[Dataset entries]

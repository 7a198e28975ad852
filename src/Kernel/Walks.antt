-- ===== src/Kernel/Walks.antt =====
-- The two nested loops by which the modules go through the pages of a process:
-- `for (vma = mm->mmap; vma; vma = vma->vm_next)` and, inside it,
-- `for (page_addr = vma->vm_start; page_addr <= vma->vm_end; page_addr += PAGE_SIZE)`, with a body
-- whose result, where it is not 0, is a `return`.
use lkms.Prelude.{
  ℕ, zero, suc, ◌+◌, ◌*◌, ◌^◌, ◌≤◌, ◌<◌, ◌≡◌, refl, ◌∙◌, ap, sym, Bool-cases, inl, inr, true, false,
  List, [], ◌∷◌, ◌++◌, All, arith, leb, le→leb, lt→leb, ℤ, pos, ◌==ℤ◌, add64, page_size,
}
use mathlib.Core.Path.{fun_ext}
use lkms.Kernel.Run.{Run, ok, fault, blocked, out_of_fuel, ◌>>=◌, Ends, ends, Ends->>=}
use lkms.Kernel.Paging.{Vma}
use lkms.Kernel.Areas.{page_addrs, pages, Fits, area_addrs}

module _ {S : Type 0} (body : ℕ → S → Run (ℤ × S)) where
  unfoldable pub walk_pages : ℕ → (page_addr vm_end : ℕ) → S → Run (ℤ × S)
  walk_pages zero i b s = out_of_fuel
  walk_pages (suc fuel) i b s = elim (leb i b) [
    | true ↦ body i s >>= λ (r, t). elim (r ==ℤ pos 0) [
      | true ↦ walk_pages fuel (add64 i page_size) b t
      | false ↦ ok (r, t)
    ]
    | false ↦ ok (pos 0, s)
  ]

  unfoldable pub walk_vmas : ℕ → List Vma → S → Run (ℤ × S)
  walk_vmas fuel [] s = ok (pos 0, s)
  walk_vmas fuel (v ∷ vs) s = walk_pages fuel v.vm_start v.vm_end s >>= λ (r, t).
      elim (r ==ℤ pos 0) [ true ↦ walk_vmas fuel vs t | false ↦ ok (r, t) ]

  -- The body at each address of a list.
  unfoldable pub visit_all : List ℕ → S → Run (ℤ × S)
  visit_all [] s = ok (pos 0, s)
  visit_all (a ∷ as') s =
      body a s >>= λ (r, t). elim (r ==ℤ pos 0) [ true ↦ visit_all as' t | false ↦ ok (r, t) ]

  -- What follows on a result of 0.
  abbrev continue : (S → Run (ℤ × S)) → ℤ × S → Run (ℤ × S)
  continue next (r, t) = elim (r ==ℤ pos 0) [ true ↦ next t | false ↦ ok (r, t) ]

  walk_pages-visits :
      (n fuel i b : ℕ) (s : S)
      → n < fuel
      → b < i + page_size * n
      → i + page_size * n ≤ b + page_size
      → b + page_size < 2 ^ 64
      → walk_pages fuel i b s ≡ visit_all (page_addrs i n) s
  unfolding walk_pages visit_all
  walk_pages-visits n zero i b s f lo hi small = absurd (omega arith)
  walk_pages-visits zero (suc fuel) i b s f lo hi small =
      rw (walk_pages, lt→leb i b (omega arith)) refl
  walk_pages-visits (suc n) (suc fuel) i b s f lo hi small =
      let inside : leb i b ≡ true = le→leb i b (omega arith) in
      let next : add64 i page_size ≡ i + page_size = omega arith in
      rw (walk_pages, inside)
        (ap (λ g. body i s >>= continue g) {x = walk_pages fuel (add64 i page_size) b}
          {y = visit_all (page_addrs (i + page_size) n)}
          (fun_ext (λ t. rw next (
            walk_pages-visits n fuel (i + page_size) b t (omega arith) (omega arith) (omega arith)
              small))))

  continue_assoc :
      (f g h : S → Run (ℤ × S)) (p : ℤ × S)
      → ((t : S) → f t ≡ (g t >>= continue h))
      → continue f p ≡ (continue g p >>= continue h)
  continue_assoc f g h (r, t) e = elim (Bool-cases (r ==ℤ pos 0)) [
    | inl done ↦ rw (continue, done) (e t)
    | inr other ↦ rw (continue, other, ◌>>=◌, continue, other) refl
  ]

  bind_assoc :
      (f g h : S → Run (ℤ × S)) (m : Run (ℤ × S))
      → ((t : S) → f t ≡ (g t >>= continue h))
      → (m >>= continue f) ≡ ((m >>= continue g) >>= continue h)
  bind_assoc f g h (ok p) e = continue_assoc f g h p e
  bind_assoc f g h fault e = refl
  bind_assoc f g h blocked e = refl
  bind_assoc f g h out_of_fuel e = refl

  visit_all-append :
      (xs ys : List ℕ) (s : S)
      → visit_all (xs ++ ys) s ≡ (visit_all xs s >>= continue (visit_all ys))
  unfolding visit_all
  visit_all-append [] ys s = refl
  visit_all-append (x ∷ xs) ys s =
      bind_assoc (visit_all (xs ++ ys)) (visit_all xs) (visit_all ys) (body x s)
        (λ t. visit_all-append xs ys t)

  -- If the areas fit, the loops run the body at the address of every page, in order.
  pub walk_vmas-visits :
      (fuel : ℕ) (vs : List Vma) (s : S)
      → All (Fits fuel) vs
      → walk_vmas fuel vs s ≡ visit_all (area_addrs vs) s
  unfolding walk_vmas visit_all
  walk_vmas-visits fuel [] s fit = refl
  walk_vmas-visits fuel (v ∷ vs) s (fits, fit) =
      let own =
        walk_pages-visits (pages v.vm_start v.vm_end) fuel v.vm_start v.vm_end s fits.fuelled
          (omega (arith, fits.ordered)) (omega (arith, fits.ordered)) fits.low in
      ap (λ r. r >>= continue (walk_vmas fuel vs)) own
      ∙ ap (λ g. visit_all (page_addrs v.vm_start (pages v.vm_start v.vm_end)) s >>= continue g)
          (fun_ext (λ t. walk_vmas-visits fuel vs t fit))
      ∙ sym (visit_all-append (page_addrs v.vm_start (pages v.vm_start v.vm_end)) (area_addrs vs) s)

  -- What every run of the body keeps, all of them keep.
  pub visit_all-Ends :
      (P : S → Type 0)
      → ((a : ℕ) (s : S) → P s → Ends (λ (r, t). P t) (body a s))
      → (xs : List ℕ) (s : S) → P s
      → Ends (λ (r, t). P t) (visit_all xs s)
  unfolding visit_all
  visit_all-Ends P keep [] s p = ends p
  visit_all-Ends P keep (x ∷ xs) s p = Ends->>= (keep x s p) (λ (r, t) q.
      elim (Bool-cases (r ==ℤ pos 0)) [
        | inl zero_result ↦ rw zero_result (visit_all-Ends P keep xs t q)
        | inr other ↦ rw other (ends q)
      ])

(What to do):
Retype only this portion of the data above: the line containing "walk_pages-visits (pages v.vm_start", the line containing "visit_all-Ends P keep (x", and all lines between them, exactly.

(Solution to this exercise):
        walk_pages-visits (pages v.vm_start v.vm_end) fuel v.vm_start v.vm_end s fits.fuelled
          (omega (arith, fits.ordered)) (omega (arith, fits.ordered)) fits.low in
      ap (λ r. r >>= continue (walk_vmas fuel vs)) own
      ∙ ap (λ g. visit_all (page_addrs v.vm_start (pages v.vm_start v.vm_end)) s >>= continue g)
          (fun_ext (λ t. walk_vmas-visits fuel vs t fit))
      ∙ sym (visit_all-append (page_addrs v.vm_start (pages v.vm_start v.vm_end)) (area_addrs vs) s)

  -- What every run of the body keeps, all of them keep.
  pub visit_all-Ends :
      (P : S → Type 0)
      → ((a : ℕ) (s : S) → P s → Ends (λ (r, t). P t) (body a s))
      → (xs : List ℕ) (s : S) → P s
      → Ends (λ (r, t). P t) (visit_all xs s)
  unfolding visit_all
  visit_all-Ends P keep [] s p = ends p
  visit_all-Ends P keep (x ∷ xs) s p = Ends->>= (keep x s p) (λ (r, t) q.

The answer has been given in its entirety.